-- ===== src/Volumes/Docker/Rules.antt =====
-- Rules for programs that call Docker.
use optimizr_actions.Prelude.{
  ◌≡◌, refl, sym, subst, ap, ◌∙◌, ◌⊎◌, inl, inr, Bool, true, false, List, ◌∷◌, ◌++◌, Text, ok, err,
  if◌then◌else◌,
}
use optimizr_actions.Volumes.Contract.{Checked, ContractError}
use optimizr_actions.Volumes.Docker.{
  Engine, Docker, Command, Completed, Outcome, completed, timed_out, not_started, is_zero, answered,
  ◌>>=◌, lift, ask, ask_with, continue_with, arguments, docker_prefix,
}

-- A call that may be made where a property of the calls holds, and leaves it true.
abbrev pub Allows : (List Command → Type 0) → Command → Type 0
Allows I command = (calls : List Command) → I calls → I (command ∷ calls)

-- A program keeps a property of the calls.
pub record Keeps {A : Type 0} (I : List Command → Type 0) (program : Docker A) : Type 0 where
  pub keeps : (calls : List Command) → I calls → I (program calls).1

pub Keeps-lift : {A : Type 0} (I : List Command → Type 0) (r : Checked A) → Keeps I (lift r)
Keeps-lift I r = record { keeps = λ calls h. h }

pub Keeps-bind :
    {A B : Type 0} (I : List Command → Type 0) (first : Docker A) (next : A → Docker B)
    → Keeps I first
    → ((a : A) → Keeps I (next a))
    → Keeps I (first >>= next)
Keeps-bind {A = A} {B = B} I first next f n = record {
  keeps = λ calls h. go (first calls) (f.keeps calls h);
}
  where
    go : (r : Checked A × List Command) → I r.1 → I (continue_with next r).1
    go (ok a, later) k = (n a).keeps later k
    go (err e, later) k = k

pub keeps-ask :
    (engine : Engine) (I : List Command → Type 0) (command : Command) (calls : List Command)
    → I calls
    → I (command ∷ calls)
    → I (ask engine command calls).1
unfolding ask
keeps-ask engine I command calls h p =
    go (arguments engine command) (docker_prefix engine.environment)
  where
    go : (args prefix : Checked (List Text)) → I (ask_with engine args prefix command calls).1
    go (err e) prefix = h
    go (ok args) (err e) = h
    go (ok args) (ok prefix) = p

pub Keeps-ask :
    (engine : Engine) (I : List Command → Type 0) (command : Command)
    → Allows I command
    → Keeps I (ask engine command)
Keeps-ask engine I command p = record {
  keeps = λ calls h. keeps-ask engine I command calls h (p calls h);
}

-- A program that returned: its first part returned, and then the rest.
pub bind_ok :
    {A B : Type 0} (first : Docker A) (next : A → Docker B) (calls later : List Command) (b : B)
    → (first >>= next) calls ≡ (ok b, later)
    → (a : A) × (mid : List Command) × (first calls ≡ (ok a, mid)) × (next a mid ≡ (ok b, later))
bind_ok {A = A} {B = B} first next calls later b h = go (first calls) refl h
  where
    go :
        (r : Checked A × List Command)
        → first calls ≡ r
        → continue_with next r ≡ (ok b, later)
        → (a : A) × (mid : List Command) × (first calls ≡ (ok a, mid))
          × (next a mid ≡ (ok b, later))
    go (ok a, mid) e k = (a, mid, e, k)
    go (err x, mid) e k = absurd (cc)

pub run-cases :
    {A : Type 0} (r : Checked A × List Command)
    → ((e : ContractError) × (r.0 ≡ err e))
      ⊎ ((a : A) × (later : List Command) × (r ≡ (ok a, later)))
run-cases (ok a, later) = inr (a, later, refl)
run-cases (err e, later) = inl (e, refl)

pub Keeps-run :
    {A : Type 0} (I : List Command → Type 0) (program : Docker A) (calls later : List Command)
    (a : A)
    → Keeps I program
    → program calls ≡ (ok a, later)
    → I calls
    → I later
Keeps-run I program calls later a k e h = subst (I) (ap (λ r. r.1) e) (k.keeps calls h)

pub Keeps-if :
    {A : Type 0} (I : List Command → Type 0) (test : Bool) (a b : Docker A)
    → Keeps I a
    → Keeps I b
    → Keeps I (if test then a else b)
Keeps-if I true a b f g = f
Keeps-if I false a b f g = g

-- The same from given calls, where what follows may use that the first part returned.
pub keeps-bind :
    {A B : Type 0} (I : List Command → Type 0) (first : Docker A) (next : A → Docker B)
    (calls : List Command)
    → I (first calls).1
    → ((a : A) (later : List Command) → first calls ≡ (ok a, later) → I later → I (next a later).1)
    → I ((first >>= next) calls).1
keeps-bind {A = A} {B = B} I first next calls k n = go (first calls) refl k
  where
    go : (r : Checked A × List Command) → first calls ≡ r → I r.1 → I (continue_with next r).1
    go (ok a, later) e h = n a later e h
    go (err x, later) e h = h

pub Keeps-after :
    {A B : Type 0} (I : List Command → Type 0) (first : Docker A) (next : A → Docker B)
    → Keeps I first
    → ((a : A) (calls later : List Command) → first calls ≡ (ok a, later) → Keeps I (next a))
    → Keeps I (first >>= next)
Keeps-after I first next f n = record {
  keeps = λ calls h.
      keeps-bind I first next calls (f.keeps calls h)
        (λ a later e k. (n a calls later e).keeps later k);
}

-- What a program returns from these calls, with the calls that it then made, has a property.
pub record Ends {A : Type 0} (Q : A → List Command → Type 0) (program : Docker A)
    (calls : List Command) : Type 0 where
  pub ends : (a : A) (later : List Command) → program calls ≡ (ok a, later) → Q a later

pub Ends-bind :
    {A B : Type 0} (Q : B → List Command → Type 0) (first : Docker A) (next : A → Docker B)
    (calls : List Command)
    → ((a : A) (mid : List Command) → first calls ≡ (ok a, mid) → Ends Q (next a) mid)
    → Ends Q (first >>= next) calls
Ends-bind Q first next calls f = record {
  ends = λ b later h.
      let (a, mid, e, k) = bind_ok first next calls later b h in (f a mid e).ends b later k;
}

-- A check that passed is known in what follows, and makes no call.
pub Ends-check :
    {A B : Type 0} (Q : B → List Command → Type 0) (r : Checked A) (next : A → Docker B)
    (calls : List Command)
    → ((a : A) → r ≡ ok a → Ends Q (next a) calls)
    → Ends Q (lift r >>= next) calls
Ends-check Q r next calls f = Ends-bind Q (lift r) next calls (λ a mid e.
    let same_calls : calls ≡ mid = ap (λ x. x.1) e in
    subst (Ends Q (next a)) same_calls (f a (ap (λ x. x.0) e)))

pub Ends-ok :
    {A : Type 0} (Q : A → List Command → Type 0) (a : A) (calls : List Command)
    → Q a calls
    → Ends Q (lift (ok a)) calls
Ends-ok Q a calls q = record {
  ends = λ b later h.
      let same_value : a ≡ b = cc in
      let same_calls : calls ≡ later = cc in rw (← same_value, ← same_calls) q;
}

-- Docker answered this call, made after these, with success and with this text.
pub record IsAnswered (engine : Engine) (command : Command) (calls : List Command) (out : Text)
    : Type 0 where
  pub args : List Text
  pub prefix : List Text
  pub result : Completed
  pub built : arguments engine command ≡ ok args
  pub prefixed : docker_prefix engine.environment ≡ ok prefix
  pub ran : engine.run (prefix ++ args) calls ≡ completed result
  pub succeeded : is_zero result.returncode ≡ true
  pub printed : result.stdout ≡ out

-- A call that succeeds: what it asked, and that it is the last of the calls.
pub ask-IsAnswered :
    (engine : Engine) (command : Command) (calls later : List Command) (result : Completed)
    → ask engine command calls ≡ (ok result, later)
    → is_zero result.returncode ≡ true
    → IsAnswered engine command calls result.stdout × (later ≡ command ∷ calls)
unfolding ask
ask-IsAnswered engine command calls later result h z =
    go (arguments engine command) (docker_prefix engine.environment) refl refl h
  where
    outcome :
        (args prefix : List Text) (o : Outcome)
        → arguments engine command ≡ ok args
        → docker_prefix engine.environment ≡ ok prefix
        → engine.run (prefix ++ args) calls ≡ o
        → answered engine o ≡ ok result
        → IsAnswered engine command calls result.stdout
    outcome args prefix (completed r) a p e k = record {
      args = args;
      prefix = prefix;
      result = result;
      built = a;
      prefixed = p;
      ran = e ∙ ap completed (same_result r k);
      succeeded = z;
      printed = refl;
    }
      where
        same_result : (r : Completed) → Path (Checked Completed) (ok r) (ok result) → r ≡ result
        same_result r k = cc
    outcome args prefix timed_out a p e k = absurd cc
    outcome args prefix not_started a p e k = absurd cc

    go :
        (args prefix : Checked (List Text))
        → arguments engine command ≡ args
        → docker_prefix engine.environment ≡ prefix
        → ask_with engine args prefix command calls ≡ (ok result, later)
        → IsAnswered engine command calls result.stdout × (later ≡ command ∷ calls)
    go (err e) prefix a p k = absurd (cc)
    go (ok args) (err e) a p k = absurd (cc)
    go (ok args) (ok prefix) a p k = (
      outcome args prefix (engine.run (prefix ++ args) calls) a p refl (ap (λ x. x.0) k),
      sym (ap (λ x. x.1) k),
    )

...

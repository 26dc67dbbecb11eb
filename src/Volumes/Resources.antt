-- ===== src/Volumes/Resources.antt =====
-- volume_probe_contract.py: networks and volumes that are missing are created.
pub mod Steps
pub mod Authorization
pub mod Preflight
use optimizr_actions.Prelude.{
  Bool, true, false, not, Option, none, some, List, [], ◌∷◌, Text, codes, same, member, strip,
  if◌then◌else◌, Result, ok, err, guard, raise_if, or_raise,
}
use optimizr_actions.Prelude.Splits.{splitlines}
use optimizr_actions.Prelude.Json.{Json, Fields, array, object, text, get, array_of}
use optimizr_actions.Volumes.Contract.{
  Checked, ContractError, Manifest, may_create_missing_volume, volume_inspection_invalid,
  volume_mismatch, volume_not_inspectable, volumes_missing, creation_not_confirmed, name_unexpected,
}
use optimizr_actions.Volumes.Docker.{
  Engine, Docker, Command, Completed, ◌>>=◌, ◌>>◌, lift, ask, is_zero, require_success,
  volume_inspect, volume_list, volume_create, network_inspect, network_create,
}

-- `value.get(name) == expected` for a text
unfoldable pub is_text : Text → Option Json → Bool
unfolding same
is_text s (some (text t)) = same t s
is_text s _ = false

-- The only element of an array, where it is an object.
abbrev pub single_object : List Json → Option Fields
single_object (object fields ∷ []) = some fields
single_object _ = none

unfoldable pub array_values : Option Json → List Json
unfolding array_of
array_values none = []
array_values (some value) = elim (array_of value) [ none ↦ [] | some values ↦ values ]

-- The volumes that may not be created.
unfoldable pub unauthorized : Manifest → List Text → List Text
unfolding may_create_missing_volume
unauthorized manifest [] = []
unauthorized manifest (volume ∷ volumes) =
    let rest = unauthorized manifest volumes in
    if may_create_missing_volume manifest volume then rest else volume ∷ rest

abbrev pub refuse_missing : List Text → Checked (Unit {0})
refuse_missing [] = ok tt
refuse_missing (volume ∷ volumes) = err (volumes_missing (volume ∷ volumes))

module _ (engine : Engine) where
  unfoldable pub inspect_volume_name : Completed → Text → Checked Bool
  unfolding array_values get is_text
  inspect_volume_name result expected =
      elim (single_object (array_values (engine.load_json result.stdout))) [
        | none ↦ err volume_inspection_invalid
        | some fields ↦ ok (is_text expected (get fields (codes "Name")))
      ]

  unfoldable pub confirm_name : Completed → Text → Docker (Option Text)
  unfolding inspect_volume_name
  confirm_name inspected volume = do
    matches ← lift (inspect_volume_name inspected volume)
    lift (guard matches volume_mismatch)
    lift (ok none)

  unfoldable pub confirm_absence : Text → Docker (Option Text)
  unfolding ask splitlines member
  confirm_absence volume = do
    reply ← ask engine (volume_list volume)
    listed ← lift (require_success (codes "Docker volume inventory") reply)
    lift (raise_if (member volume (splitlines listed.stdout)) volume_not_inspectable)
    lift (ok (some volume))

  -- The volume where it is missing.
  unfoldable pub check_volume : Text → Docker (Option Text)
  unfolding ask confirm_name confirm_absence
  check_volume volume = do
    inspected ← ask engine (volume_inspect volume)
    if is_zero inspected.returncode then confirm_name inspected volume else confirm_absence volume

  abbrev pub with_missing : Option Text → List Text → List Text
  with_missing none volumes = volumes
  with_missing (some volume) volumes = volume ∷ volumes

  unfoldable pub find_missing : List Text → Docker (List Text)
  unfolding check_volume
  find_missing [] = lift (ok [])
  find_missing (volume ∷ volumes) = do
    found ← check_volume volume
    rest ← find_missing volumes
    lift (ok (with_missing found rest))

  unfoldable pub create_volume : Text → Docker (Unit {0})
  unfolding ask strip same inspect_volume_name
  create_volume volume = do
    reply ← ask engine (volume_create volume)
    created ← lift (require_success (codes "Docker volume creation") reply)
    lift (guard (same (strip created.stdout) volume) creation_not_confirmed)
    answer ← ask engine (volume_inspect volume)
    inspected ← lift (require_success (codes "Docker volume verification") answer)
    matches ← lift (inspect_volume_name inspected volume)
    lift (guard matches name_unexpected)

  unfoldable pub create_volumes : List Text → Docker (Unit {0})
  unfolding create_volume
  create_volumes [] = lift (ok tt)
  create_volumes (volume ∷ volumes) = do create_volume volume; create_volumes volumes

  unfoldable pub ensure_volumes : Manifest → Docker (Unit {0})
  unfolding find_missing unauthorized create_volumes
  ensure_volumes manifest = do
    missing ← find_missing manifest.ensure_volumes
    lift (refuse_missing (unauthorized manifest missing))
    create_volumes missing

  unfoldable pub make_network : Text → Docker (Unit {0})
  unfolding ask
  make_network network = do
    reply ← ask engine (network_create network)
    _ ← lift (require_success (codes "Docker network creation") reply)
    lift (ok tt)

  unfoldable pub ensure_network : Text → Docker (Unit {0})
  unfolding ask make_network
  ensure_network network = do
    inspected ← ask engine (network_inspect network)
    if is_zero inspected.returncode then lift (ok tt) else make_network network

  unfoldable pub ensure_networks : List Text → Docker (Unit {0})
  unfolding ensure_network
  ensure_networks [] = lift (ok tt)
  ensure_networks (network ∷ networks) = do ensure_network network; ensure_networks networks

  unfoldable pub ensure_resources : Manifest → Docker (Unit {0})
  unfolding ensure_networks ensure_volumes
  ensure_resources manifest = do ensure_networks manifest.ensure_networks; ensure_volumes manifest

Problem
Please output exactly the lines between the one holding "pub mod Steps" and the one holding "unfoldable pub is_text" in the records above, inclusive, and nothing more.

Written solution
pub mod Steps
pub mod Authorization
pub mod Preflight
use optimizr_actions.Prelude.{
  Bool, true, false, not, Option, none, some, List, [], ◌∷◌, Text, codes, same, member, strip,
  if◌then◌else◌, Result, ok, err, guard, raise_if, or_raise,
}
use optimizr_actions.Prelude.Splits.{splitlines}
use optimizr_actions.Prelude.Json.{Json, Fields, array, object, text, get, array_of}
use optimizr_actions.Volumes.Contract.{
  Checked, ContractError, Manifest, may_create_missing_volume, volume_inspection_invalid,
  volume_mismatch, volume_not_inspectable, volumes_missing, creation_not_confirmed, name_unexpected,
}
use optimizr_actions.Volumes.Docker.{
  Engine, Docker, Command, Completed, ◌>>=◌, ◌>>◌, lift, ask, is_zero, require_success,
  volume_inspect, volume_list, volume_create, network_inspect, network_create,
}

-- `value.get(name) == expected` for a text
unfoldable pub is_text : Text → Option Json → Bool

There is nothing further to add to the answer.